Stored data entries
──────

-- ===== src/Pipeline/Stages.antt =====
-- workers/celery_app.py: run_greedy, what it hands over, and run_ortools. A dict by station is the
-- list of its items; the ISO strings of the slots are the instants that run_ortools reads back.
-- `none` is a schedule_all_stations that does not return.
pub mod Apart
use mathlib.Core.Option
use sda_system.Prelude.{ℕ, Bool, Option, none, some, List, [], ◌∷◌, map, String, select}
use sda_system.Models.{SatellitePass, GroundStation}
use sda_system.Scheduling.Intervals.{Interval}
use sda_system.Scheduling.Slots.{get_free_slots}
use sda_system.Scheduling.Stations.{Outcome}
use sda_system.Scheduling.Stations.Greedy.{schedule_all_stations}
use sda_system.Scheduling.Optimizer.{Program, Plan, optimize_remaining}

-- The arguments of `run_ortools.delay`, and the table as run_greedy leaves it.
pub record Handover : Type 0 where
  pub scheduled_sats : List ℕ
  pub free_slots : List (String × List Interval)
  pub table : List SatellitePass

-- The dict comprehension over the active stations, in both tasks.
unfoldable pub slots_by_station :
    List SatellitePass
    → (start_time end_time : ℕ) → List GroundStation
    → List (String × List Interval)
slots_by_station table start_time end_time [] = []
slots_by_station table start_time end_time (s ∷ ss) =
    (s.station_id, get_free_slots table s.station_id start_time end_time)
    ∷ slots_by_station table start_time end_time ss

abbrev pub active : List GroundStation → List GroundStation
active = select (λ s. s.is_active)

abbrev pub hand_over : List GroundStation → (start_time end_time : ℕ) → Outcome → Handover
hand_over stations start_time end_time out = record {
  scheduled_sats = out.globally_scheduled;
  free_slots = slots_by_station out.table start_time end_time (active stations);
  table = out.table;
}

-- run_greedy
unfoldable pub run_greedy :
    (collate : String → String → Bool)
    → List GroundStation
    → List SatellitePass
    → (start_time end_time : ℕ) → Option Handover
run_greedy collate stations db start_time end_time =
    Option.map (hand_over stations start_time end_time)
      (schedule_all_stations collate stations db start_time end_time)

-- `if not parsed_slots`
unfoldable pub slots_or_computed :
    List GroundStation
    → List SatellitePass
    → (start_time end_time : ℕ) → List (String × List Interval)
    → List (String × List Interval)
slots_or_computed stations table start_time end_time [] =
    slots_by_station table start_time end_time (active stations)
slots_or_computed stations table start_time end_time (s ∷ ss) = s ∷ ss

-- `if not scheduled_sats`: the satellites of the scheduled rows, of which only membership is read.
unfoldable pub sats_or_computed : List SatellitePass → List ℕ → List ℕ
sats_or_computed table [] =
    map (λ (p : SatellitePass). p.norad_id) (select (λ p. p.is_scheduled) table)
sats_or_computed table (n ∷ ns) = n ∷ ns

-- run_ortools, on the table as it finds it.
unfoldable pub run_ortools :
    (solver : Program → Option (List Bool)) (row_order : SatellitePass → SatellitePass → Bool)
    → List GroundStation
    → List SatellitePass
    → (start_time end_time : ℕ) → (scheduled_sats : List ℕ)
    → (free_slots : List (String × List Interval)) → Plan
run_ortools solver row_order stations table start_time end_time scheduled_sats free_slots =
    optimize_remaining solver row_order table (sats_or_computed table scheduled_sats) start_time
      end_time (slots_or_computed stations table start_time end_time free_slots)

──────

Problem to solve:
Leave out every line above except those from the line with "abbrev pub active" up to and including the line with "slots_or_computed stations table start_time end_time []", and copy those exactly.

Completed task:
abbrev pub active : List GroundStation → List GroundStation
active = select (λ s. s.is_active)

abbrev pub hand_over : List GroundStation → (start_time end_time : ℕ) → Outcome → Handover
hand_over stations start_time end_time out = record {
  scheduled_sats = out.globally_scheduled;
  free_slots = slots_by_station out.table start_time end_time (active stations);
  table = out.table;
}

-- run_greedy
unfoldable pub run_greedy :
    (collate : String → String → Bool)
    → List GroundStation
    → List SatellitePass
    → (start_time end_time : ℕ) → Option Handover
run_greedy collate stations db start_time end_time =
    Option.map (hand_over stations start_time end_time)
      (schedule_all_stations collate stations db start_time end_time)

-- `if not parsed_slots`
unfoldable pub slots_or_computed :
    List GroundStation
    → List SatellitePass
    → (start_time end_time : ℕ) → List (String × List Interval)
    → List (String × List Interval)
slots_or_computed stations table start_time end_time [] =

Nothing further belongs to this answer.